Two things worth flagging right away. First, MLV names are case-insensitive (MyView becomes myview). Second, all-uppercase schema names (like MYSCHEMA) aren’t supported, so use either mixed or lowercase. You also need a schema-enabled lakehouse and Fabric Runtime 1.3 or higher. If your lakehouse doesn’t have schemas turned on, MLVs aren’t available, that’s the very first prerequisite.

有两点需要立即注意。首先,MLV 名称不区分大小写(MyView 会变成 myview)。其次,不支持全大写的架构名称(如 MYSCHEMA),因此请使用混合大小写或小写。此外,你需要一个启用了架构(Schema)功能的湖仓,且 Fabric Runtime 版本需在 1.3 或以上。如果你的湖仓未开启架构功能,则无法使用 MLV,这是最基本的前提条件。

Refresh: the brain of MLVs

刷新:MLV 的大脑

Here’s where MLVs stop being clever and start being smart. When source data changes, Fabric’s optimal refresh engine looks at every MLV in the lineage and asks a series of questions: Did anything actually change? Can I process just the changes? Or do I need to rebuild from scratch? Three possible outcomes:

  1. Skip refresh – source data hasn’t changed. Don’t waste compute. Move on.
  2. Incremental refresh – process only the new or changed rows. Fast, cheap, ideal.
  3. Full refresh – rebuild the whole thing. Slowest path, used when incremental isn’t safe or possible.

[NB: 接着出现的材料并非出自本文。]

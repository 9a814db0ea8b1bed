-- ===== src/Dispatch/Edge/Withheld.antt =====
-- The arguments of a call as `prepare_edge_call` of dispatch/utils.py composes them, with the names
-- that it takes out of them again: the fields of the input that a seed or the target lookup takes,
-- and the parameters into which a selector's binding spreads nothing. A service spec with `many`
-- goes another way there.
use djangorestframework_serv.Prelude.{
  String, ◌≡◌, refl, Bool, true, false, ◌&&◌, ◌||◌, not, Option, none, some, List, [], ◌++◌, Dict,
  has, contains, keep, contains-keep, contains-append, is_some, if◌then◌else◌, arith,
}
use djangorestframework_serv.Values.{Value}
use djangorestframework_serv.Specs.{ServiceSpec}
use djangorestframework_serv.Dispatch.Declared.{DispatchSpec, service_spec, selector_spec}
use djangorestframework_serv.Dispatch.Edge.{
  Params, Kernel, Edge, EdgeArguments, unrouted, routed_arguments, drop, without_seed_names,
  edge_arguments,
}
use djangorestframework_serv.Dispatch.Edge.Routed.{in_route}

-- The sets of names that the call computes before its arguments: the names of the input
-- serializer's fields, those of the seeds of the call (`edge_seeds`), the captures that the target
-- lookup hides (`hidden_lookup_captures`), the names that the lookup's selector reads as compiled
-- (`_lookup_reads`), and those of `bundled_selector`, of which there is none unless the binding is
-- BUNDLE. They come from what the kernel makes of the spec, and are parameters here.
pub record CallNames : Type 0 where
  pub input_names : List String
  pub seeds : List String
  pub hidden_captures : List String
  pub lookup_reads : List String
  pub caller_names : List String

-- `_seeded_fields`, of the names that the call passes
unfoldable pub seeded_fields : CallNames → ServiceSpec → List String
unfolding keep contains
seeded_fields names spec =
    if is_some spec.input_serializer
    then keep (λ k. contains k (names.seeds ++ (names.hidden_captures ++ names.lookup_reads)))
        names.input_names
    else []

-- `name in route`, where the view has a route
abbrev pub is_captured : Option (Dict Value) → String → Bool
is_captured none k = false
is_captured (some route) k = has k route

-- `excluded - captured` of a service, and `caller_names - route.keys()` of a selector
unfoldable pub withheld : CallNames → DispatchSpec → Option (Dict Value) → List String
unfolding seeded_fields keep contains
withheld names (service_spec spec) route =
    keep (λ k. not (is_captured route k && contains k names.lookup_reads))
      (seeded_fields names spec)
withheld names (selector_spec spec) route = keep (λ k. not (is_captured route k)) names.caller_names

unfoldable pub withhold : CallNames → DispatchSpec → EdgeArguments → EdgeArguments
unfolding withheld drop
withhold names spec (unrouted v) = unrouted v
withhold names spec (routed_arguments call) =
    routed_arguments
      (record call { arguments = drop (withheld names spec call.route) call.arguments })

-- The arguments of a call, as `prepare_edge_call` composes them.
unfoldable pub call_arguments :
    Kernel → Edge → List String → CallNames → DispatchSpec → Params → EdgeArguments
unfolding edge_arguments without_seed_names withhold
call_arguments kernel edge reserved names spec params =
    withhold names spec (without_seed_names reserved (edge_arguments kernel edge spec params))

-- Whether a name is no argument of the call, by whether the route captures it.
abbrev pub is_withheld : CallNames → DispatchSpec → (captured : Bool) → String → Bool
is_withheld names (service_spec spec) captured k =
    (is_some spec.input_serializer && contains k names.input_names)
    && (if contains k names.lookup_reads
        then not captured
        else contains k names.seeds || contains k names.hidden_captures)
is_withheld names (selector_spec spec) captured k = contains k names.caller_names && not captured

contains-seeded_fields :
    (names : CallNames) (spec : ServiceSpec) (k : String)
    → contains k (seeded_fields names spec) ≡ (
        is_some spec.input_serializer
        && (contains k names.input_names
            && (contains k names.seeds
                || (contains k names.hidden_captures || contains k names.lookup_reads))))
unfolding seeded_fields contains
contains-seeded_fields names spec k = go (is_some spec.input_serializer)
  where
    all_seeds : List String
    all_seeds = names.seeds ++ (names.hidden_captures ++ names.lookup_reads)

    go :
        (b : Bool)
        → contains k (if b then keep (λ j. contains j all_seeds) names.input_names else []) ≡ (
            b
            && (contains k names.input_names
                && (contains k names.seeds
                    || (contains k names.hidden_captures || contains k names.lookup_reads))))
    go true =
        let kept = contains-keep (λ j. contains j all_seeds) k names.input_names in
        let first = contains-append k names.seeds (names.hidden_captures ++ names.lookup_reads) in
        let second = contains-append k names.hidden_captures names.lookup_reads in ground arith
    go false = refl

is_captured_lem :
    (route : Option (Dict Value)) (k : String) → is_captured route k ≡ is_some (in_route k route)
is_captured_lem none k = refl
is_captured_lem (some route) k = refl

pub contains-withheld :
    (names : CallNames) (spec : DispatchSpec) (route : Option (Dict Value)) (k : String)
    → contains k (withheld names spec route) ≡ is_withheld names spec (is_some (in_route k route)) k
unfolding withheld
contains-withheld names (service_spec spec) route k =
    let kept =
      contains-keep (λ j. not (is_captured route j && contains j names.lookup_reads)) k
        (seeded_fields names spec) in
    let seeded = contains-seeded_fields names spec k in
    let captured = is_captured_lem route k in ground arith
contains-withheld names (selector_spec spec) route k =
    let kept = contains-keep (λ j. not (is_captured route j)) k names.caller_names in
    let captured = is_captured_lem route k in ground arith
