-- ===== src/Dispatch/Edge/Sources.antt =====
-- The channel of each argument of a call, seeds included.
use djangorestframework_serv.Prelude.{
  String, ◌&&◌, ◌||◌, is_some, Bool, true, false, not, Option, none, some, List, get, contains,
}
use djangorestframework_serv.Values.{Value}
use djangorestframework_serv.Dispatch.Edge.{
  Params, query_dict, mapping, other_params, Kernel, Edge, EdgeArguments, unrouted,
  routed_arguments, url_kwargs,
}
use djangorestframework_serv.Dispatch.Edge.Dicts.{change}
use djangorestframework_serv.Specs.{Read}
use djangorestframework_serv.Dispatch.Edge.Routed.{in_query}

-- The argument of a name, where the call has arguments.
abbrev pub argument_of : String → EdgeArguments → Option Value
argument_of k (unrouted v) = none
argument_of k (routed_arguments call) = get k call.arguments

-- What the caller sent under a name: a query string's values are read flat and coerced.
abbrev pub sent_value : Kernel → (String → Value → Value) → Params → String → Option Value
sent_value kernel coerced (query_dict sent) k = change (coerced k) (in_query kernel k (some sent))
sent_value kernel coerced (mapping sent) k = get k sent
sent_value kernel coerced (other_params v) k = none

abbrev pub is_mapping : Params → Bool
is_mapping (other_params v) = false
is_mapping _ = true

-- Whether the route captures a name once the call is routed: it did before, or, off HTTP, it takes a
-- declared URL kwarg from the caller that is no input field.
abbrev pub captures : Edge → List Read → (before sent : Option Value) → String → Bool
captures edge reads before sent k =
    is_some before
    || ((not edge.live && is_some edge.route)
        && ((contains k (url_kwargs reads) && not (contains k edge.fields)) && is_some sent))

这是 MLV 从“聪明”变得“智能”的地方。当源数据发生变化时,Fabric 的最优刷新引擎会查看血缘关系中的每个 MLV,并提出一系列问题:真的有变化吗?我能只处理变化的部分吗?还是需要从头重建?有三种可能的结果:

  1. 跳过刷新 – 源数据未改变。无需浪费计算资源,直接跳过。
  2. 增量刷新 – 仅处理新增或修改的行。快速、低成本,是理想情况。
  3. 全量刷新 – 重建整个表。这是最慢的路径,仅在无法进行增量刷新或增量刷新不安全时使用。

But, and this is important, incremental refresh isn’t free. It has prerequisites:

  • The Delta change data feed (CDF) must be enabled on every source table referenced by the MLV (delta.enableChangeDataFeed=true).
  • The source must be a Delta table. Non-Delta sources always get a full refresh.
  • The data must be append-only. If your source has updates or deletes, Fabric falls back to a full refresh.
  • The query must use only supported SQL constructs.

但是,有一点很重要:增量刷新并非免费,它有以下前提条件:

  • MLV 引用的每个源表都必须启用 Delta 变更数据馈送(CDF)(delta.enableChangeDataFeed=true)。
  • 源表必须是 Delta 表。非 Delta 源表始终会触发全量刷新。
  • 数据必须是仅追加(Append-only)的。如果源数据包含更新或删除操作,Fabric 将回退到全量刷新。
  • 查询必须仅使用受支持的 SQL 结构。

Without CDF enabled, optimal refresh can only choose between skip and full. With CDF on, the full incremental path opens up. Enabling CDF on your source tables has no measurable storage or performance impact for append-only workloads, so there’s very little reason not to.

如果不启用 CDF,最优刷新只能在“跳过”和“全量”之间选择。开启 CDF 后,才能实现完整的增量刷新路径。对于仅追加的工作负载,在源表上启用 CDF 不会对存储或性能产生可感知的负面影响,因此几乎没有理由不开启它。